Package:Installed:Notes:
edb*
eet*
evas*
ecore*
efreet*
epeg*
embryo*
edje*
epsilon*
esmart*
emotion*
engrave*
etk*
etk_extra*
ewl*
exml*
enhance*
e_dbus*
E17 Apps:
Package:Installed:Notes:
e*
At this point you can test it if you want by adding enlightenment_start to ~/.xinitrc
elitaire*
estickies*
exhibit*
E17 Modules:
Package:Installed:Notes:
bling*
cpu*
efm_nav*
efm_path*
flame*
rain*
snow*

As you can see there is a substantial amount of work getting all that built and installed. It took about a week doing a few hours per evening but i do now have a very stable and built to spec OS that i can modularise with ease. I have a much tighter version that was built for my USB stick. That once has a substantial amount of kernel modules because i use it on many different machines!

The Brain....

Now its kernel time! It helps to install a commercial dist of linux before hand such that you can do an lsmod and record the info to a textfile, this way you can get a kernel more suited to your system compiled.
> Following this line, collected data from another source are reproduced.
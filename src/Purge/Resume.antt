-- ===== src/Purge/Resume.antt =====
-- The purge and the order book state together: deltas that come off the queue after a snapshot.
use somethingtrade.Prelude.{
  ℕ, ◌<◌, ◌≡◌, refl, sym, ◌∙◌, String, Bool, true, false, Option, none, some, List, [], ◌∷◌, map,
  arith, subst,
}
use somethingtrade.Orderbook.Types.{DeltaMessage, Clocks, SnapshotMessage, OrderbookState}
use somethingtrade.Orderbook.Levels.{parse_levels}
use somethingtrade.Orderbook.Updates.{apply_snapshot, apply_delta, bridges, other_previous}
use somethingtrade.Orderbook.WellFormed.{IsWellFormed}
use somethingtrade.Orderbook.Reach.{apply_delta-IsWellFormed, apply_snapshot-IsWellFormed}
use somethingtrade.Orderbook.Sequence.{apply_delta_accepted, apply_delta-accepted_iff}
use somethingtrade.Orderbook.Feed.{Deltas, AllAccepted, Chain, apply_snapshot_accepted}
use somethingtrade.Purge.{Envelope, purge_queued_depth_updates_after_snapshot}
use somethingtrade.Purge.Bridge.{Bridging, bridged, own_updates, purge-Bridging}

-- A delta with good levels that names no previous id.
abbrev pub IsPlain : DeltaMessage → Type 0
IsPlain d =
    ((parse_levels true d.bids).1 ≡ [])
    × ((parse_levels true d.asks).1 ≡ [])
    × (d.previous_final_update_id ≡ none)

-- Each delta after the first starts at the id after the one before it.
abbrev pub Linked : Deltas → Type 0
Linked [] = Unit
Linked ((c, d) ∷ ds) = Chain d.final_update_id ds

abbrev pub AllPlain : Deltas → Type 0
AllPlain [] = Unit
AllPlain ((c, d) ∷ ds) = IsPlain d × AllPlain ds

no_previous :
    (d : DeltaMessage) (last : ℕ)
    → IsPlain d
    → other_previous d.previous_final_update_id last ≡ false
no_previous d last h = rw h.2 refl

Chain-AllAccepted :
    (ds : Deltas) (s : OrderbookState) (last : ℕ)
    → IsWellFormed s
    → s.snapshot_ready ≡ true
    → s.last_update_id ≡ some last
    → s.awaiting_first_delta_after_snapshot ≡ false
    → Chain last ds
    → AllPlain ds
    → AllAccepted ds s
Chain-AllAccepted [] s last h r e w k g = tt
Chain-AllAccepted ((c, d) ∷ ds) s last h r e w (first, later, k) (g, gs) =
    let a : (apply_delta c d s).1.accepted ≡ true =
      (apply_delta-accepted_iff c d s).1
        (last, r, e, (later, no_previous d last g, λ t. cc, λ t. first), g.0, g.1) in
    let step = apply_delta_accepted c d s h a in
    (
      a,
      Chain-AllAccepted ds (apply_delta c d s).0 d.final_update_id
          (apply_delta-IsWellFormed c d s h) (step.snapshot_ready ∙ r) step.last_update_id
          step.bridged k gs,
    )

bridge-AllAccepted :
    (ds : Deltas) (s : OrderbookState) (id : ℕ) {found : Bool} {first final : Option ℕ}
    → IsWellFormed s
    → s.snapshot_ready ≡ true
    → s.last_update_id ≡ some id
    → s.snapshot_last_update_id ≡ some id
    → s.awaiting_first_delta_after_snapshot ≡ true
    → Bridging id found first final (map (λ x. x.1) ds)
    → Linked ds
    → AllPlain ds
    → AllAccepted ds s
bridge-AllAccepted [] s id h r e i w b k g = tt
bridge-AllAccepted ((c, d) ∷ ds) s id h r e i w (bridged _ _ f a z spans all) k (g, gs) =
    let later : id < d.final_update_id = ground arith in
    let ok : bridges d s.snapshot_last_update_id ≡ true =
      subst (λ o. bridges d o ≡ true) (sym i) spans in
    let acc : (apply_delta c d s).1.accepted ≡ true =
      (apply_delta-accepted_iff c d s).1
        (id, r, e, (later, no_previous d id g, λ t. ok, λ t. cc), g.0, g.1) in
    let step = apply_delta_accepted c d s h acc in
    (
      acc,
      Chain-AllAccepted ds (apply_delta c d s).0 d.final_update_id
          (apply_delta-IsWellFormed c d s h) (step.snapshot_ready ∙ r) step.last_update_id
          step.bridged k gs,
    )

-- After a snapshot that a well-formed state accepts, the updates of the symbol that the purge leaves
-- in the queue are all accepted, one after the other, if each after the first starts right after
-- the one before it, all have good levels, and none names a previous id.
pub purge_resume :
    (c : Clocks) (m : SnapshotMessage) (s : OrderbookState) (symbol : String)
    (drained : List Envelope) (ds : Deltas)
    → IsWellFormed s
    → (apply_snapshot c m s).1.accepted ≡ true
    → map (λ x. x.1) ds
      ≡ own_updates symbol
          (purge_queued_depth_updates_after_snapshot symbol m.last_update_id drained).1
    → Linked ds
    → AllPlain ds
    → AllAccepted ds (apply_snapshot c m s).0
purge_resume c m s symbol drained ds h a same k g =
    let l = apply_snapshot_accepted c m s a in
    bridge-AllAccepted ds (apply_snapshot c m s).0 m.last_update_id
      (apply_snapshot-IsWellFormed c m s h) l.snapshot_ready l.last_update_id
      l.snapshot_last_update_id l.awaiting
      (subst (Bridging m.last_update_id _ _ _) (sym same)
        (purge-Bridging symbol m.last_update_id drained))
      k g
If you are really lucky /proc/config.gz exsits and you can zcat /proc/config.gz > config.current and then use make oldconfig (i normally just hold my finger on the enter key and take the default answers for a make oldconfig). DONT rely on your hard disks (especially on SATA/IDE mix systems) appearing in the same order with a home cooked kernel. In FC9 my IDE drive is hde, in my current LFS its hde but in other os's and my new kernel its hda!?!?! Udev can help with that one!!